**ASSIGNED TASK:**
Whenever a line in this data holds the word "register", report that line in full.

[Collected data entries]
-- ===== src/Registry/Sticky.antt =====
-- A driver keeps its runtime.
use alpagym.Base.{
  ◌≡◌, refl, sym, ap, ◌∙◌, inl, inr, String, Bool, true, false, Option, none, some, List, [], ◌∷◌,
  if◌then◌else◌, arith, subst, Bool-cases, Option-cases,
}
use alpagym.Base.Texts.{same_text, same_text_refl}
use text.Mathlib.TextEquality.{eq_iff}
use alpagym.Base.Outcome.{ok, ok-ok}
use alpagym.Registry.{
  TopologyEndpoint, Assignment, Registry, by_id, later_or, has_id, assigned_to, key_before, least,
  assign, known, acquire_by, acquire_alpasim_runtime,
}

has_id-least :
    (log : List Assignment) (e : TopologyEndpoint) (es : List TopologyEndpoint)
    → has_id (least log e es).id (e ∷ es) ≡ true
unfolding has_id least
has_id-least log e [] = let t = same_text_refl e.id in ground (arith, t)
has_id-least log e (f ∷ fs) =
    either (key_before log f e) (has_id-least log f fs) (has_id-least log e fs)
  where
    either :
        (b : Bool)
        → has_id (least log f fs).id (f ∷ fs) ≡ true
        → has_id (least log e fs).id (e ∷ fs) ≡ true
        → has_id (least log (if b then f else e) fs).id (e ∷ f ∷ fs) ≡ true
    either true h g = ground (arith, h)
    either false h g = ground (arith, g)

by_id-id :
    (i : String) (es : List TopologyEndpoint) (f : TopologyEndpoint)
    → by_id i es ≡ some f
    → f.id ≡ i
unfolding by_id later_or
by_id-id i [] f h = absurd (cc h)
by_id-id i (e ∷ es) f h = elim (Option-cases (by_id i es)) [
  | inl n ↦ elim (Bool-cases (same_text e.id i)) [
    | inl t ↦
        let same : e ≡ f = ground (arith, h, n, t) in
        ap (λ x. x.id) (sym same) ∙ (eq_iff e.id i).0 t
    | inr t ↦ absurd (ground (arith, h, n, t))
  ]
  | inr (g, found) ↦
      let same : g ≡ f = ground (arith, h, found) in
      ap (λ x. x.id) (sym same) ∙ by_id-id i es g found
]

by_id-has_id :
    (i : String) (es : List TopologyEndpoint)
    → has_id i es ≡ true
    → (f : TopologyEndpoint) × ((by_id i es ≡ some f) × (f.id ≡ i))
unfolding has_id by_id later_or
by_id-has_id i [] h = absurd (cc h)
by_id-has_id i (e ∷ es) h = elim (Option-cases (by_id i es)) [
  | inr (g, found) ↦ (g, (rw found refl, by_id-id i es g found))
  | inl n ↦ elim (Bool-cases (same_text e.id i)) [
    | inl t ↦ (e, (rw (n, t) refl, (eq_iff e.id i).0 t))
    | inr t ↦
        let (g, (found, same)) = by_id-has_id i es (ground (arith, h, t)) in absurd (cc (found, n))
  ]
]

known-ok :
    (o : Option TopologyEndpoint) (s t : Registry) (e : TopologyEndpoint)
    → known o s ≡ ok (e, t)
    → s ≡ t
unfolding known
known-ok none s t e h = absurd (cc h)
known-ok (some f) s t e h = cc h

-- The endpoint that was chosen is found again by its id.
found_again :
    (d : String) (x : TopologyEndpoint) (xs : List TopologyEndpoint) (s : Registry)
    → s.alpasim_runtimes ≡ x ∷ xs
    → let m = least s.assignments x xs in
      let u = assign d m.id s in
      (f : TopologyEndpoint) × ((acquire_alpasim_runtime d u ≡ ok (f, u)) × (f.id ≡ m.id))
unfolding acquire_alpasim_runtime acquire_by assign assigned_to known
found_again d x xs s r =
    let m = least s.assignments x xs in
    let (f, (found, same)) = by_id-has_id m.id (x ∷ xs) (has_id-least s.assignments x xs) in
    (f, (simp (r, same_text_refl d, found) refl, same))

again_by :
    (d : String) (found : Option String) (es : List TopologyEndpoint) (s t : Registry)
    (e : TopologyEndpoint)
    → s.alpasim_runtimes ≡ es
    → acquire_alpasim_runtime d s ≡ ok (e, t)
    → acquire_by d found es s ≡ ok (e, t)
    → (f : TopologyEndpoint) × ((acquire_alpasim_runtime d t ≡ ok (f, t)) × (f.id ≡ e.id))
unfolding acquire_by
again_by d found [] s t e r whole h = absurd (cc h)
again_by d (some i) (x ∷ xs) s t e r whole h = (
  e,
  (
    subst (λ u. acquire_alpasim_runtime d u ≡ ok (e, t)) (known-ok (by_id i (x ∷ xs)) s t e h)
        whole,
    refl,
  ),
)
again_by d none (x ∷ xs) s t e r whole h =
    let same =
      ok-ok (least s.assignments x xs, assign d (least s.assignments x xs).id s) (e, t) h in
    subst
      (λ p.
        (f : TopologyEndpoint) × ((acquire_alpasim_runtime d p.1 ≡ ok (f, p.1)) × (f.id ≡ p.0.id)))
      same (found_again d x xs s r)

-- A driver that asks again is given a runtime of the same id, and nothing changes.
pub acquire-again :
    (d : String) (s t : Registry) (e : TopologyEndpoint)
    → acquire_alpasim_runtime d s ≡ ok (e, t)
    → (f : TopologyEndpoint) × ((acquire_alpasim_runtime d t ≡ ok (f, t)) × (f.id ≡ e.id))
unfolding acquire_alpasim_runtime
acquire-again d s t e h = again_by d (assigned_to d s.assignments) s.alpasim_runtimes s t e refl h h
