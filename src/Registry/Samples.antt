-- ===== src/Registry/Samples.antt =====
-- Two runtimes and three drivers.
use alpagym.Base.{◌≡◌, refl, String, none, List, [], ◌∷◌, arith}
use alpagym.Base.Outcome.{ok}
use alpagym.Registry.{
  TopologyEndpoint, Registry, assigned_to, count_of, text_before, key_before, least, assign,
  acquire_by, acquire_alpasim_runtime, acquire_all,
}
use alpagym.Registry.Balance.{Balanced, acquire_all-Balanced}
use alpagym.Registry.Sticky.{acquire-again}

abbrev runtime : String → TopologyEndpoint
runtime i = record { id = i; host = "node-1"; port = 50051; capacity = 2 }

abbrev unassigned : Registry
unassigned = record {
  alpasim_runtimes = runtime "runtime-0" ∷ runtime "runtime-1" ∷ [];
  drivers = [];
  nccl_master = none;
  assignments = [];
}

abbrev drivers : List String
drivers = "driver-0" ∷ "driver-1" ∷ "driver-2" ∷ []

acquire_all-Balanced_example :
    Balanced
      (acquire_all drivers unassigned).assignments
      (acquire_all drivers unassigned).alpasim_runtimes
unfolding Balanced count_of
acquire_all-Balanced_example =
    acquire_all-Balanced drivers unassigned
      (((omega arith, (omega arith, tt))), ((omega arith, (omega arith, tt)), tt))

acquire-again_example :
    (f : TopologyEndpoint) × ((acquire_alpasim_runtime "driver-0"
          (assign "driver-0" "runtime-0" unassigned)
        ≡ ok (f, assign "driver-0" "runtime-0" unassigned))
      × (f.id ≡ "runtime-0"))
unfolding acquire_alpasim_runtime acquire_by assigned_to least key_before count_of text_before
acquire-again_example =
    acquire-again "driver-0" unassigned (assign "driver-0" "runtime-0" unassigned)
      (runtime "runtime-0") refl
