-- ===== src/Streaming.antt =====
-- packages/runtime/src/alpagym_runtime/episode_runner/streaming_worker.py: the worker that turns
-- each payload into sibling rollout jobs, retries failed ones and resolves the payload's future.
pub mod State
pub mod Handlers
pub mod Loop
pub mod Threads
pub mod System
pub mod Owners
pub mod Moves
pub mod Advancing
pub mod Taking
pub mod Submitting
pub mod Conservation
pub mod Results
pub mod Closed
pub mod Race
pub mod Substitution
pub mod Endless
pub mod Shutdown
mod Samples
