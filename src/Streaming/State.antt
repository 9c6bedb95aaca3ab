-- ===== src/Streaming/State.antt =====
-- streaming_worker.py: the data of the worker and its priority queue.
-- Objects shared by reference are a list of states, a reference is an index into it.
use alpagym.Base.{
  ℕ, ◌+◌, String, Bool, false, ◌&&◌, ◌||◌, Option, none, some, List, [], ◌∷◌, ltb, ◌==◌,
  if◌then◌else◌, get_elem?, set,
}
use alpagym.Base.Int.{ℤ}

-- `SharedPayloadState`: `future` is `none` until `set_result`.
pub record SharedPayloadState (P E : Type 0) : Type 0 where
  pub payload : P
  pub n_target : ℕ
  pub future : Option (List E)
  pub retries_left : ℤ
  pub collected : List E
  pub permanently_failed : Bool
  pub future_resolved : Bool

-- `_RolloutJob`: `shared` refers to a `SharedPayloadState`.
pub record RolloutJob : Type 0 where
  pub shared : ℕ
  pub session_uuid : ℕ
  pub scene_id : String
  pub attempts : ℕ
  pub is_fallback : Bool

-- One item of `_rollout_job_queue`; the job `none` is a shutdown sentinel.
pub record QueueItem : Type 0 where
  pub priority : ℕ
  pub seq : ℕ
  pub job : Option RolloutJob

-- What the constructor is given, and the parts of the outside world that a handler reads:
-- `scene_pool` is the scene list of the fallback file, `none` if opening or parsing it raises.
pub record Settings (P : Type 0) : Type 0 where
  pub prompt_idx : P → ℕ
  pub scene_id_resolver : P → Option String
  pub rollouts_per_payload : ℕ
  pub max_scene_retries : ℕ
  pub max_concurrent_rollouts : ℕ
  pub scene_pool : Option (List String)

-- `invalid_state_errors` counts the calls of `set_result` on a future that is done, which raise.
pub record Worker (P E : Type 0) : Type 0 where
  pub states : List (SharedPayloadState P E)
  pub active : List (ℕ × ℕ)
  pub queue : List QueueItem
  pub next_seq : ℕ
  pub next_uuid : ℕ
  pub closed : Bool
  pub last_good_scene_id : Option String
  pub invalid_state_errors : ℕ

abbrev pub initial : {P E : Type 0} → Worker P E
initial = record {
  states = [];
  active = [];
  queue = [];
  next_seq = 0;
  next_uuid = 0;
  closed = false;
  last_good_scene_id = none;
  invalid_state_errors = 0;
}

-- Tuples compare by priority, then by the sequence number.
abbrev pub before : QueueItem → QueueItem → Bool
before a b = ltb a.priority b.priority || (a.priority == b.priority && ltb a.seq b.seq)

-- `PriorityQueue.put` and `get` on the items in the order in which they leave.
unfoldable pub put : QueueItem → List QueueItem → List QueueItem
put x [] = x ∷ []
put x (y ∷ q) = if before x y then x ∷ y ∷ q else y ∷ put x q

module _ {P E : Type 0} where
  -- `put((priority, next(seq), job))`
  unfoldable pub enqueue : ℕ → Option RolloutJob → Worker P E → Worker P E
  enqueue priority job w = record w {
    queue = put (record { priority = priority; seq = w.next_seq; job = job }) w.queue;
    next_seq = w.next_seq + 1;
  }

  -- A write through a reference.
  unfoldable pub write : ℕ → SharedPayloadState P E → Worker P E → Worker P E
  write ref s w = record w { states = set w.states ref s }

  abbrev pub result_of : ℕ → List E → Worker P E → Option (SharedPayloadState P E) → Worker P E
  result_of ref result w none = w
  result_of ref result w (some s) = elim s.future [
    | none ↦ write ref (record s { future = some result }) w
    | some _ ↦ record w { invalid_state_errors = w.invalid_state_errors + 1 }
  ]

  -- `future.set_result(result)`
  unfoldable pub set_result : ℕ → List E → Worker P E → Worker P E
  unfolding write
  set_result ref result w = result_of ref result w (get_elem? w.states ref)

-- A dictionary by insertion order, keyed by `prompt_idx`.
abbrev pub find : ℕ → List (ℕ × ℕ) → Option ℕ
find k [] = none
find k ((j, v) ∷ m) = if j == k then some v else find k m

abbrev pub pop : ℕ → List (ℕ × ℕ) → List (ℕ × ℕ)
pop k [] = []
pop k ((j, v) ∷ m) = let rest = pop k m in if j == k then rest else (j, v) ∷ rest
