-- ===== src/Streaming/Handlers.antt =====
-- streaming_worker.py: `submit_payload`, and the locked parts of the two handlers, as functions on the worker.
-- `on_rollout_failed` is its handler run to the end with no other thread in between; Threads has its steps.
use alpagym.Base.{
  ℕ, zero, suc, ◌+◌, String, Bool, true, false, not, ◌&&◌, Option, none, some, List, [], ◌∷◌, ◌++◌,
  leb, ◌==◌, if◌then◌else◌, get_elem?, length,
}
use alpagym.Base.Int.{ℤ, pos, ◌-ℤ◌, leb_ℤ, ltb_ℤ}
use alpagym.Base.Outcome.{Outcome, ok, raise, refuse, ◌>>◌}
use alpagym.Streaming.State.{
  SharedPayloadState, RolloutJob, Settings, Worker, enqueue, write, set_result, find, pop,
}

pub data Error : Type 0 where
  value_error runtime_error index_error : Error

-- The checks of `__init__`.
unfoldable pub init : ℤ → ℤ → ℤ → Outcome Error Unit
init max_concurrent_rollouts rollouts_per_payload max_scene_retries = do
  refuse (ltb_ℤ max_concurrent_rollouts (pos 1)) value_error
  refuse (ltb_ℤ rollouts_per_payload (pos 1)) value_error
  refuse (ltb_ℤ max_scene_retries (pos 0)) value_error

abbrev pub proven : RolloutJob → Option String → Option String
proven job last = if job.attempts == 0 && not job.is_fallback then some job.scene_id else last

abbrev pub retry_job : RolloutJob → ℕ → RolloutJob
retry_job job uuid = record {
  shared = job.shared;
  session_uuid = uuid;
  scene_id = job.scene_id;
  attempts = job.attempts + 1;
  is_fallback = false;
}

abbrev seed_of : List String → Option String
seed_of [] = none
seed_of (a ∷ []) = some a
seed_of (a ∷ b ∷ _) = some b

-- The substitute scene: the last good one, or a seed from the pool.
unfoldable pub fallback_scene : Option (List String) → Option String → Option String
fallback_scene pool (some scene) = some scene
fallback_scene pool none = elim pool [ none ↦ none | some ids ↦ seed_of ids ]

abbrev pub fallback_job : RolloutJob → ℕ → String → RolloutJob
fallback_job job uuid scene = record {
  shared = job.shared;
  session_uuid = uuid;
  scene_id = scene;
  attempts = 0;
  is_fallback = true;
}

module _ {P E : Type 0} (cfg : Settings P) where
  -- `for _ in range(n): queue.put((1, next(seq), _RolloutJob(...)))`
  unfoldable pub dispatch : ℕ → ℕ → String → Worker P E → Worker P E
  unfolding enqueue
  dispatch zero ref scene_id w = w
  dispatch (suc n) ref scene_id w = dispatch n ref scene_id (
      enqueue 1
        (some (record {
          shared = ref;
          session_uuid = w.next_uuid;
          scene_id = scene_id;
          attempts = 0;
          is_fallback = false;
        }))
        (record w { next_uuid = w.next_uuid + 1 }))

  abbrev pub fresh_state : P → SharedPayloadState P E
  fresh_state payload = record {
    payload = payload;
    n_target = cfg.rollouts_per_payload;
    future = none;
    retries_left = pos cfg.max_scene_retries;
    collected = [];
    permanently_failed = false;
    future_resolved = false;
  }

  -- The new state and its jobs, once the scene is resolved.
  unfoldable pub register : P → String → Worker P E → Worker P E
  unfolding dispatch
  register payload scene_id w =
      dispatch cfg.rollouts_per_payload (length w.states) scene_id (record w {
        states = w.states ++ fresh_state payload ∷ [];
        active = w.active ++ (cfg.prompt_idx payload, length w.states) ∷ [];
      })

  abbrev pub submit_new : P → Option String → Worker P E → Outcome Error (ℕ × Worker P E)
  submit_new payload none w = raise index_error
  submit_new payload (some scene_id) w = ok (length w.states, register payload scene_id w)

  -- A payload that is in the index already, or not.
  abbrev pub submit_found : P → Option ℕ → Worker P E → Outcome Error (ℕ × Worker P E)
  submit_found payload (some ref) w = ok (ref, w)
  submit_found payload none w = submit_new payload (cfg.scene_id_resolver payload) w

  -- `submit_payload`: the reference of the state, and the worker after the call.
  unfoldable pub submit_payload : P → Worker P E → Outcome Error (ℕ × Worker P E)
  submit_payload payload w =
      if w.closed
      then raise runtime_error
      else submit_found payload (find (cfg.prompt_idx payload) w.active) w

  -- The locked part of `_on_rollout_succeeded`, with whether to resolve the future.
  unfoldable pub collect : SharedPayloadState P E → E → SharedPayloadState P E × Bool
  collect s episode =
      if s.permanently_failed
      then (s, false)
      else let collected = s.collected ++ episode ∷ [] in
        if leb s.n_target (length collected) && not s.future_resolved
        then (record s { collected = collected; future_resolved = true }, true)
        else (record s { collected = collected }, false)

  -- The branches of the locked part of `_on_rollout_failed`: is the payload failed for good, is
  -- `retries_left` still non-negative after the decrement, is the future resolved.
  abbrev pub fail_branch :
      Bool → Bool → Bool → RolloutJob → SharedPayloadState P E → Worker P E → Worker P E × Bool
  fail_branch true may_retry resolved job s w = (w, false)
  fail_branch false true resolved job s w =
      let left = s.retries_left -ℤ pos 1 in
      (
        enqueue 0 (some (retry_job job w.next_uuid))
            (record (write job.shared (record s { retries_left = left }) w) {
              next_uuid = w.next_uuid + 1;
            }),
        false,
      )
  fail_branch false false true job s w =
      let left = s.retries_left -ℤ pos 1 in
      (write job.shared (record s { retries_left = left; permanently_failed = true }) w, false)
  fail_branch false false false job s w =
      let left = s.retries_left -ℤ pos 1 in
      (
        record (write job.shared
            (record s { retries_left = left; permanently_failed = true; future_resolved = true })
            w) { active = pop (cfg.prompt_idx s.payload) w.active },
        true,
      )

  -- The locked part of `_on_rollout_failed`, with whether to drop the payload.
  unfoldable pub fail_locked : RolloutJob → SharedPayloadState P E → Worker P E → Worker P E × Bool
  fail_locked job s w =
      fail_branch s.permanently_failed (leb_ℤ (pos 0) (s.retries_left -ℤ pos 1)) s.future_resolved
        job s w

  -- `if fallback_scene is not None and not is_fallback: ... else: future.set_result([])`
  unfoldable pub substitute :
      RolloutJob → SharedPayloadState P E → Option String → Worker P E → Worker P E
  substitute job s none w = set_result job.shared [] w
  substitute job s (some scene) w =
      if job.is_fallback
      then set_result job.shared [] w
      else enqueue 0 (some (fallback_job job w.next_uuid scene))
          (record (write job.shared
            (record s {
              permanently_failed = false;
              future_resolved = false;
              retries_left = pos cfg.max_scene_retries;
            })
            w) { next_uuid = w.next_uuid + 1 })

  abbrev after_drop_with : RolloutJob → Worker P E → Option (SharedPayloadState P E) → Worker P E
  after_drop_with job w none = w
  after_drop_with job w (some s) =
      let scene = fallback_scene cfg.scene_pool w.last_good_scene_id in
      substitute job s scene (record w { last_good_scene_id = scene })

  -- What `_on_rollout_failed` does after the lock, if `should_drop`.
  unfoldable pub after_drop : RolloutJob → Worker P E → Worker P E
  after_drop job w = after_drop_with job w (get_elem? w.states job.shared)

  abbrev pub finish_failed : RolloutJob → Worker P E × Bool → Worker P E
  finish_failed job (w, should_drop) = if should_drop then after_drop job w else w

  abbrev failed_with : RolloutJob → Worker P E → Option (SharedPayloadState P E) → Worker P E
  failed_with job w none = w
  failed_with job w (some s) = finish_failed job (fail_locked job s w)

  -- `_on_rollout_failed`
  unfoldable pub on_rollout_failed : RolloutJob → Worker P E → Worker P E
  on_rollout_failed job w = failed_with job w (get_elem? w.states job.shared)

**TASK ANSWER:**
  unfoldable pub register : P → String → Worker P E → Worker P E
  register payload scene_id w =
  submit_new payload (some scene_id) w = ok (length w.states, register payload scene_id w)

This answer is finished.